» **What the task asks**
Please output exactly the part of the records below that opens with the line containing "gone = d.gone;" and closes with the line containing "-- operation whose", both lines included, and nothing else.

» **Data section**
-- ===== src/Peers/Deleted.antt =====
-- src/server/peer-service.ts, lines 207 to 256: what the deletion of a peer leaves in the database
-- and on the router.
use wireguard_panel.Base.{
  ℕ, ◌≡◌, refl, sym, ap, subst, ◌∙◌, ◌⊎◌, false, not, ◌∷◌, Option, none, some, ok, any, find, arith,
  Bool-cases, inl, inr,
}
use wireguard_panel.Base.Text.{Text}
use wireguard_panel.Routeros.Types.{RemoteWireGuardPeer}
use wireguard_panel.Operations.{
  OperationStatus, completed, failed, start_operation, finish_operation, fail_operation,
}
use wireguard_panel.Peers.World.{
  LifecycleStatus, active, PeerRecord, World, check, get_peers, is_remote, is_record, without_peer,
  delete_peer_row, ArchivedPeer, BandwidthState, error, archived, archive_peer, changed_outside,
  still_exists,
}
use wireguard_panel.Peers.Handlers.{
  is_owned, mutable_peer, or_deleted, has_changed, assert_current_remote, is_this, delete_on_router,
  set_lifecycle, cleanup_row, delete_body, undo_delete, delete_peer,
}
use wireguard_panel.Peers.Logic.{
  counted-OnlyQueues, Ends, and_then-Ends, and_then-ok, Ends-weaken, rethrown-Ends, call-Ends,
  check-Ends, get_peers-Ends, counted, SameRows, OnlyQueues, delete_owned_peer_queue_remote-Ends,
}
use wireguard_panel.Peers.Archived.{IsArchived, archived-IsArchived}
use wireguard_panel.Peers.Left.{
  find-on_record, find-id, IsGone, delete_peer_row-IsGone, IsLeft, SameRows-IsLeft, IsLeft-SameRows,
  IsLeft-mark, IsLeft-same,
}

delete_on_router-Ends :
    (row : PeerRecord) (remote : RemoteWireGuardPeer) (w w1 : World)
    → IsLeft row w w1
    → Ends
        (λ _ w'. IsLeft row w w' × (any (is_this row remote) w'.router_peers ≡ false))
        (λ w'. IsLeft row w w')
        (delete_on_router row remote w1)
unfolding delete_on_router
delete_on_router-Ends row remote w w1 l =
    let l2 = IsLeft-mark row LifecycleStatus.pending_cleanup w w1 l in
    and_then-ok _ (
      and_then-Ends _
        (call-Ends {P = λ _ w'. IsLeft row w w'} {E = λ w'. IsLeft row w w'}
          (without_peer remote.id) _ (IsLeft-same _ refl refl refl refl refl l2)
          (IsLeft-same _ refl refl refl refl refl l2) (IsLeft-same _ refl refl refl refl refl l2))
        (λ _ w3 l3. and_then-ok _ (
          and_then-Ends _
            (get_peers-Ends {P = λ peers w'. IsLeft row w w' × (peers ≡ w'.router_peers)}
              {E = λ w'. IsLeft row w w'} _ (IsLeft-same _ refl refl refl refl refl l3, refl)
              (IsLeft-same _ refl refl refl refl refl l3))
            (λ peers w4 l4.
              and_then-Ends _
                (check-Ends
                  {P = λ _ w'. IsLeft row w w' × (any (is_this row remote) w'.router_peers ≡ false)}
                  {E = λ w'. IsLeft row w w'} (not (any (is_this row remote) peers)) still_exists w4
                  (λ none_left. (l4.0, ground (arith, none_left, l4.1))) l4.0)
                (λ _ w5 l5. record {
                  ends = (IsLeft-same _ refl refl refl refl refl l5.0, l5.1);
                })))))

or_deleted-Ends :
    {E : World → Type 0} (o : Option RemoteWireGuardPeer) (w : World)
    → E w
    → Ends (λ remote w'. (w' ≡ w) × (o ≡ some remote)) E (or_deleted o w)
or_deleted-Ends none w e = record { ends = e }
or_deleted-Ends (some remote) w e = record { ends = (refl, refl) }

module _ (fingerprint : RemoteWireGuardPeer → Text) where
  pub assert_current_remote-Ends :
      (row : PeerRecord) (w : World)
      → Ends
          (λ remote w'. OnlyQueues w w' × (find (is_remote row) w.router_peers ≡ some remote))
          (λ w'. SameRows w w')
          (assert_current_remote fingerprint row w)
  unfolding assert_current_remote
  assert_current_remote-Ends row w =
      and_then-Ends (get_peers w)
        (get_peers-Ends {P = λ peers w'. (w' ≡ counted w) × (peers ≡ w.router_peers)} w (refl, refl)
          (counted-OnlyQueues w).rows)
        (λ peers w1 h1.
          and_then-Ends (or_deleted (find (is_remote row) peers) w1)
            (or_deleted-Ends {E = λ w'. SameRows w w'} (find (is_remote row) peers) w1
              (rw h1.0 (counted-OnlyQueues w).rows))
            (λ remote w2 h2.
              let here : w2 ≡ counted w = h2.0 ∙ h1.0 in
              and_then-Ends
                (check (not (has_changed row.remote_fingerprint (fingerprint remote)))
                  changed_outside w2)
                (check-Ends {P = λ _ w'. w' ≡ counted w} {E = λ w'. SameRows w w'} _ _ w2
                  (λ _. here) (rw here (counted-OnlyQueues w).rows))
                (λ _ w3 h3. record {
                  ends =
                      (rw h3 (counted-OnlyQueues w), ap (find (is_remote row)) (sym h1.1) ∙ h2.1);
                })))

-- What a deletion that succeeds leaves: the router's peer that was the row's is gone, with every
-- peer of the row's key and every queue of the peer; so are the row and its addresses; the archive
-- has an entry of the row and its periods, and the operation is completed.
pub record IsDeleted (row : PeerRecord) (w w' : World) : Type 0 where
  pub remote : RemoteWireGuardPeer
  pub was : find (is_remote row) w.router_peers ≡ some remote
  pub no_remote : any (is_this row remote) w'.router_peers ≡ false
  pub no_queue : any (is_owned row.id) w'.queues ≡ false
  pub gone : IsGone row.id w'
  pub entry : ArchivedPeer
  pub in_archive : w'.archives ≡ entry ∷ w.archives
  pub is_archived : IsArchived row w entry
  pub is_completed : w'.operation.status ≡ completed

abbrev pub IsKept : PeerRecord → World → Type 0
IsKept row w =
    (find (is_record row.id) w.records ≡ some (record row { lifecycle_status = active }))
    × (w.operation.status ≡ failed)

abbrev pub IsPending : PeerRecord → World → Type 0
IsPending row w =
    (find (is_record row.id) w.records
      ≡ some (record row {
        lifecycle_status = LifecycleStatus.pending_cleanup;
        sync_state = error;
        bandwidth_sync_state = BandwidthState.pending_cleanup;
      }))
    × (w.operation.status ≡ OperationStatus.pending_cleanup)
    × ((at : ℕ) × (w.operation.next_retry_at ≡ some at))

-- What a deletion that fails leaves: the tables of addresses, the archive and the managed objects
-- are as they were, and the row is there: active, with a failed operation, or to be cleaned up by
-- an operation that has its next attempt scheduled.
pub record IsNotDeleted (row : PeerRecord) (w w' : World) : Type 0 where
  pub tables : w'.tables ≡ w.tables
  pub archives : w'.archives ≡ w.archives
  pub history : w'.history ≡ w.history
  pub managed_objects : w'.managed_objects ≡ w.managed_objects
  pub state : IsKept row w' ⊎ IsPending row w'

pub mutable_peer-found :
    (id : ℕ) (row : PeerRecord) (w : World)
    → find (is_record id) w.records ≡ some row
    → mutable_peer id w ≡ (ok row, w)
unfolding mutable_peer
mutable_peer-found id row w h = rw (h, mutable_peer) refl

undo_delete-IsNotDeleted :
    (row : PeerRecord) (w w' : World) → IsLeft row w w' → IsNotDeleted row w (undo_delete row.id w')
unfolding undo_delete fail_operation
undo_delete-IsNotDeleted row w w' l =
    let before = record row { lifecycle_status = l.status } in
    elim (Bool-cases w'.remote_deleted) [
      | inl e ↦ rw e (record {
        tables = l.tables;
        archives = l.archives;
        history = l.history;
        managed_objects = l.managed_objects;
        state = inr (
          find-on_record row.id cleanup_row w'.records before (λ p. refl) l.found,
          refl,
          (_, refl),
        );
      })
      | inr e ↦ rw e (record {
        tables = l.tables;
        archives = l.archives;
        history = l.history;
        managed_objects = l.managed_objects;
        state = inl (
          find-on_record row.id (set_lifecycle active) w'.records before (λ p. refl) l.found,
          refl,
        );
      })
    ]

-- The tables and the periods are all that an entry of the archive depends on.
IsArchived-again :
    {row : PeerRecord} {w : World} {entry : ArchivedPeer}
    → IsArchived row (record w { operation = start_operation; remote_deleted = false }) entry
    → IsArchived row w entry
IsArchived-again a = record {
  peer_id = a.peer_id;
  address = a.address;
  description = a.description;
  created_at = a.created_at;
  lifetime_rx = a.lifetime_rx;
  lifetime_tx = a.lifetime_tx;
  periods = a.periods;
  in_order = a.in_order;
}

module _ (fingerprint : RemoteWireGuardPeer → Text) where
  delete_body-Ends :
      (row : PeerRecord) (w : World)
      → find (is_record row.id) w.records ≡ some row
      → Ends (λ _ w'. IsDeleted row w w') (λ w'. IsLeft row w w') (delete_body fingerprint row w)
  unfolding delete_body finish_operation delete_peer_row archive_peer
  delete_body-Ends row w h =
      and_then-Ends _
        (Ends-weaken
          {Q = λ remote w'. IsLeft row w w' × (find (is_remote row) w.router_peers ≡ some remote)}
          {F = λ w'. IsLeft row w w'} (assert_current_remote-Ends fingerprint row w)
          (λ remote w1 h1. (SameRows-IsLeft row w w1 h h1.0.rows, h1.1))
          (λ w1 s. SameRows-IsLeft row w w1 h s))
        (λ remote w1 h1. and_then-Ends _ (delete_on_router-Ends row remote w w1 h1.0) (λ _ w2 h2.
          and_then-Ends _
            (Ends-weaken
              {Q = λ _ w'.
                IsLeft row w w'
                × (any (is_this row remote) w'.router_peers ≡ false)
                × (any (is_owned row.id) w'.queues ≡ false)}
              {F = λ w'. IsLeft row w w'} (delete_owned_peer_queue_remote-Ends row.id w2)
              (λ _ w3 q. (IsLeft-SameRows row w w2 w3 h2.0 q.0.rows, rw q.0.router_peers h2.1, q.1))
              (λ w3 q. IsLeft-SameRows row w w2 w3 h2.0 q.rows))
            (λ _ w3 h3. and_then-ok _ (
              and_then-ok _ (record {
                ends = record {
                  remote = remote;
                  was = h1.1;
                  no_remote = h3.1;
                  no_queue = h3.2;
                  gone =
                      let gone = delete_peer_row-IsGone row.id (archive_peer row w3) in
                      record {
                        no_record = gone.no_record;
                        no_entry = gone.no_entry;
                        no_object = gone.no_object;
                      };
                  entry = archived row w.tables.peers w.history;
                  in_archive = rw (h3.0.tables, h3.0.history, h3.0.archives) refl;
                  is_archived = archived-IsArchived row w;
                  is_completed = refl;
                };
              })))))

  delete_row-Ends :
      (row : PeerRecord) (w : World)
      → find (is_record row.id) w.records ≡ some row
      → Ends
          (λ _ w'. IsDeleted row w w')
          (λ w'. IsNotDeleted row w w')
          (delete_peer fingerprint row.id w)
  unfolding delete_peer
  delete_row-Ends row w h =
      let started = record w { operation = start_operation; remote_deleted = false } in
      rw (mutable_peer-found row.id row w h) (
        Ends-weaken {P = λ _ w'. IsDeleted row started w'} {Q = λ _ w'. IsDeleted row w w'}
          {E = λ w'. IsNotDeleted row started w'} {F = λ w'. IsNotDeleted row w w'}
          (and_then-ok _ (
            and_then-ok _ (
              rethrown-Ends (undo_delete row.id) (delete_body fingerprint row started)
                (delete_body-Ends row started h)
                (λ w' l. undo_delete-IsNotDeleted row started w' l))))
          (λ _ w' d. record {
            remote = d.remote;
            was = d.was;
            no_remote = d.no_remote;
            no_queue = d.no_queue;
            gone = d.gone;
            entry = d.entry;
            in_archive = d.in_archive;
            is_archived = IsArchived-again d.is_archived;
            is_completed = d.is_completed;
          })
          (λ w' d. record {
            tables = d.tables;
            archives = d.archives;
            history = d.history;
            managed_objects = d.managed_objects;
            state = d.state;
          }))

  -- The deletion of a peer that has a row, whatever the router answers. When it succeeds, the
  -- router's peer that was the row's is gone, with every peer of the row's key and every queue of the
  -- peer, the row and its addresses are gone, the archive has an entry with the row's columns, those
  -- of its address, and its periods in the order they started, and the operation is completed. When
  -- it fails, the tables of addresses, the archive, the periods and the managed objects are as they
  -- were, and the row is there: active, with a failed operation, or waiting for its cleanup, with an
  -- operation whose next attempt is scheduled.
  pub delete_peer-Ends :
      (peer_id : ℕ) (row : PeerRecord) (w : World)
      → find (is_record peer_id) w.records ≡ some row
      → Ends
          (λ _ w'. IsDeleted row w w')
          (λ w'. IsNotDeleted row w w')
          (delete_peer fingerprint peer_id w)
  delete_peer-Ends peer_id row w h =
      let same = find-id peer_id w.records row h in
      subst
        (λ id.
          Ends (λ _ w'. IsDeleted row w w') (λ w'. IsNotDeleted row w w')
            (delete_peer fingerprint id w))
        same
        (delete_row-Ends row w
          (subst (λ id. find (is_record id) w.records ≡ some row) (sym same) h))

» **Solved exercise**
            gone = d.gone;
            entry = d.entry;
            in_archive = d.in_archive;
            is_archived = IsArchived-again d.is_archived;
            is_completed = d.is_completed;
          })
          (λ w' d. record {
            tables = d.tables;
            archives = d.archives;
            history = d.history;
            managed_objects = d.managed_objects;
            state = d.state;
          }))

  -- The deletion of a peer that has a row, whatever the router answers. When it succeeds, the
  -- router's peer that was the row's is gone, with every peer of the row's key and every queue of the
  -- peer, the row and its addresses are gone, the archive has an entry with the row's columns, those
  -- of its address, and its periods in the order they started, and the operation is completed. When
  -- it fails, the tables of addresses, the archive, the periods and the managed objects are as they
  -- were, and the row is there: active, with a failed operation, or waiting for its cleanup, with an
  -- operation whose next attempt is scheduled.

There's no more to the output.